2. Do not psych yourself out.

This was actually a great day for me. I was pretty much cleared by my liver doctor who said I have made remarkable progress since my kidney/liver failure in May. This is news that I have been hoping for. He did however want to have one last set of labs drawn, just to be safe. I am already naturally wussy when it comes to that and did not feel good going in to class. I thought I could just let go and have a nice practice. My body was not in total agreement with that idea. I had to sit several times for fear of vomiting on my neighbor and had a huge problem with dizziness.

That brings me to the 2ND lesson of psyching myself out. As I felt worse I got irritated with myself for not being able to push through it. This led to feeling sad that it wasn't happening. Which led to being mad for being sad, and so on, you get the idea. I need to focus on not letting (in Jessica's words) the monkey chatter in my brain get the best of me in my practice.

I was able to offer up some encouragement to a fellow newbie Yogi which gave me positive energy. I left the studio not feeling defeated but with a positive attitude knowing that tomorrow is a new day. Instead of dwelling on it I am going to embrace those feelings as part of this process and hopefully handle it better if and when it happens again.

Thanks to everyone for your support!

Tuesday, July 8, 2008

My last week...

I'm really going to work on posting on time this week, but here's last week...

Thursday, July, 3:

Not much to report. I did hot golf today rather than hot yoga. I did break 66 on a side which was a personal record, so it was a good day.

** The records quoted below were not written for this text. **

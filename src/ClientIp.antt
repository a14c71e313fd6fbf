-- ===== src/ClientIp.antt =====
-- internal/api/handler_utils.go: the address of a client behind trusted proxies. `Ip` and `Net` are
-- `net.IP` and `net.IPNet`, `parse_ip`, `parse_cidr`, `contains` and `split_host_port` the functions of
-- Go's package net, with none for an error.
pub mod Forwarded
mod Tests
use Prim.Native.Char.{Char, code}
use Prim.Native.String.{◌++◌ as text_append}
use mathlib.Core.List.{reverse}
use neo_nect_server.Base.{
  ℕ, Bool, true, false, not, ◌||◌, Option, none, some, String, List, [], ◌∷◌, ◌==◌, nat_eq,
  string_eq, if◌then◌else◌, trim_space,
}

-- `strings.Contains` of one character
unfoldable pub has_char : ℕ → String → Bool
has_char c String.[] = false
has_char c (String.◌∷◌ d s) = code d == c || has_char c s

abbrev pub onto : Char → List String → List String
onto c [] = String.◌∷◌ c String.[] ∷ []
onto c (part ∷ parts) = String.◌∷◌ c part ∷ parts

-- `strings.Split(s, ",")`
unfoldable pub split_commas : String → List String
split_commas String.[] = "" ∷ []
split_commas (String.◌∷◌ c s) =
    let rest = split_commas s in if code c == 44 then "" ∷ rest else onto c rest

-- `p + "/128"` for an address of IPv6, `p + "/32"` for one of IPv4
unfoldable pub with_mask : String → String
unfolding has_char
with_mask p =
    if not (has_char 47 p)
    then (if has_char 58 p then text_append p "/128" else text_append p "/32")
    else p

unfoldable pub is_present : {A : Type 0} → Option A → Bool
is_present none = false
is_present (some _) = true

unfoldable pub or_else : {A : Type 0} → Option A → A → A
or_else none a = a
or_else (some b) a = b

module _ {Ip Net : Type 0} (parse_ip : String → Option Ip) (parse_cidr : String → Option Net)
    (contains : Net → Ip → Bool) where
  unfoldable pub parse_trusted_proxies : List String → List Net
  unfolding with_mask
  parse_trusted_proxies [] = []
  parse_trusted_proxies (p ∷ proxies) =
      let rest = parse_trusted_proxies proxies in
      elim (parse_cidr (with_mask p)) [ none ↦ rest | some ip_net ↦ ip_net ∷ rest ]

  unfoldable pub any_contains : List Net → Ip → Bool
  any_contains [] ip = false
  any_contains (network ∷ trusted) ip = contains network ip || any_contains trusted ip

  unfoldable pub is_trusted_proxy : String → List Net → Bool
  unfolding any_contains
  is_trusted_proxy ip trusted = elim (parse_ip ip) [
    | none ↦ false
    | some parsed ↦ any_contains trusted parsed
  ]

  -- a part that the first loop of `GetClientIP` passes over: no address, or that of a trusted proxy
  abbrev pub is_skipped : List Net → String → Bool
  is_skipped trusted part =
      not (is_present (parse_ip (trim_space part))) || is_trusted_proxy (trim_space part) trusted

  -- the loop from the last part to the first, over the parts in that order
  unfoldable pub last_client : List Net → List String → Option String
  unfolding is_trusted_proxy is_present
  last_client trusted [] = none
  last_client trusted (part ∷ parts) =
      if is_skipped trusted part then last_client trusted parts else some (trim_space part)

  -- the loop for the leftmost valid address
  unfoldable pub first_valid : List String → Option String
  unfolding is_present
  first_valid [] = none
  first_valid (part ∷ parts) =
      if is_present (parse_ip (trim_space part)) then some (trim_space part) else first_valid parts

  -- without `X-Forwarded-For`
  unfoldable pub from_real_ip : String → String → String
  unfolding is_present
  from_real_ip ip x_real_ip =
      if x_real_ip == ""
      then ip
      else if is_present (parse_ip (trim_space x_real_ip))
      then trim_space x_real_ip
      else ip

  unfoldable pub from_forwarded : List Net → String → List String → String
  unfolding last_client first_valid or_else
  from_forwarded trusted ip parts =
      or_else (last_client trusted (reverse parts)) (or_else (first_valid parts) ip)

  -- on the address of the peer, without the space around it
  unfoldable pub client_of : List Net → String → String → String → String
  unfolding from_real_ip from_forwarded split_commas
  client_of trusted xff x_real_ip ip =
      if not (is_trusted_proxy ip trusted)
      then ip
      else if xff == ""
      then from_real_ip ip x_real_ip
      else from_forwarded trusted ip (split_commas xff)

  -- An empty list of proxies trusts none.
  unfoldable pub get_client_ip :
      (String → Option String) → List Net → String → String → String → String
  unfolding client_of
  get_client_ip split_host_port trusted remote_addr xff x_real_ip =
      client_of trusted xff x_real_ip
        (trim_space (or_else (split_host_port remote_addr) remote_addr))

Friday...Happy fourth of July!

I attended the 7:30am class with Jessica. It was a great class all in all.

Saturday and Sunday...
These were days of rest and family time for me.

Monday, July 7:

I spent a lovely evening with Sheila. I did my first back to back double, 4:30 and 6:30 classes. I was a little late for the first class but after my days of rest I felt incredibly strong. I was able to get and stay in camel three out of four times. I also got some tips on triangle from Sheila between classes and was able to work on keeping my foot from sliding in class two. I was able to control my breath in both classes.

Tuesday, July 8:

Again, nothing to report. I really needed to concentrate on work today after the holiday weekend so I did not attend class. I'm in the hole for 3 classes for my challenge but I will be able to make those up. I can't wait to go back tomorrow.

Wednesday, July 2, 2008

Day Fourteen: Two Weeks Down!

Well, my second week practicing this Yoga flew by. It went by a lot faster than the first. I am still even at 14/14 and that is okay with me. I don't think that I will do any more doubles unless I need to in order to accomplish my 60 day challenge. This week has been a little slow going for me. I have had to sit out on a few different things. With that being said, I have also been focusing more on particular postures, such as camel, and can see improvements within those. I got back into camel today and stayed there for longer. Jessica spoke this morning about being your own teacher and focusing on keeping the entire body tight for the whole 90 minutes. I am now trying to not just go through the motions but really focus on keeping my tummy and other muscles tight throughout the class. This makes it tougher but you can only get out what you put in. This will be my new challenge to myself.

Lucky Thirteen

I attended class at 4:30 PM. I was much more hydrated and mentally focused today. I still had some problems with my breath and (sorry boys) menstrual cramps but I somehow pushed through. I was able to get in the camel posture in the second set this afternoon. I didn't stay long but I was there. This is something that I have been focusing on so that made me happy.

Day Twelve: Back in the Saddle

I'm not sure how much good my day of rest did. I attended the 6:30PM class for the first time. Just being out of the room for one day, coming back in was difficult. I noticed the heat for the first time in a while and had some problems focusing on one breath at a time. It was more like trying to take ten breaths at once...I'm sure that tomorrow will be better.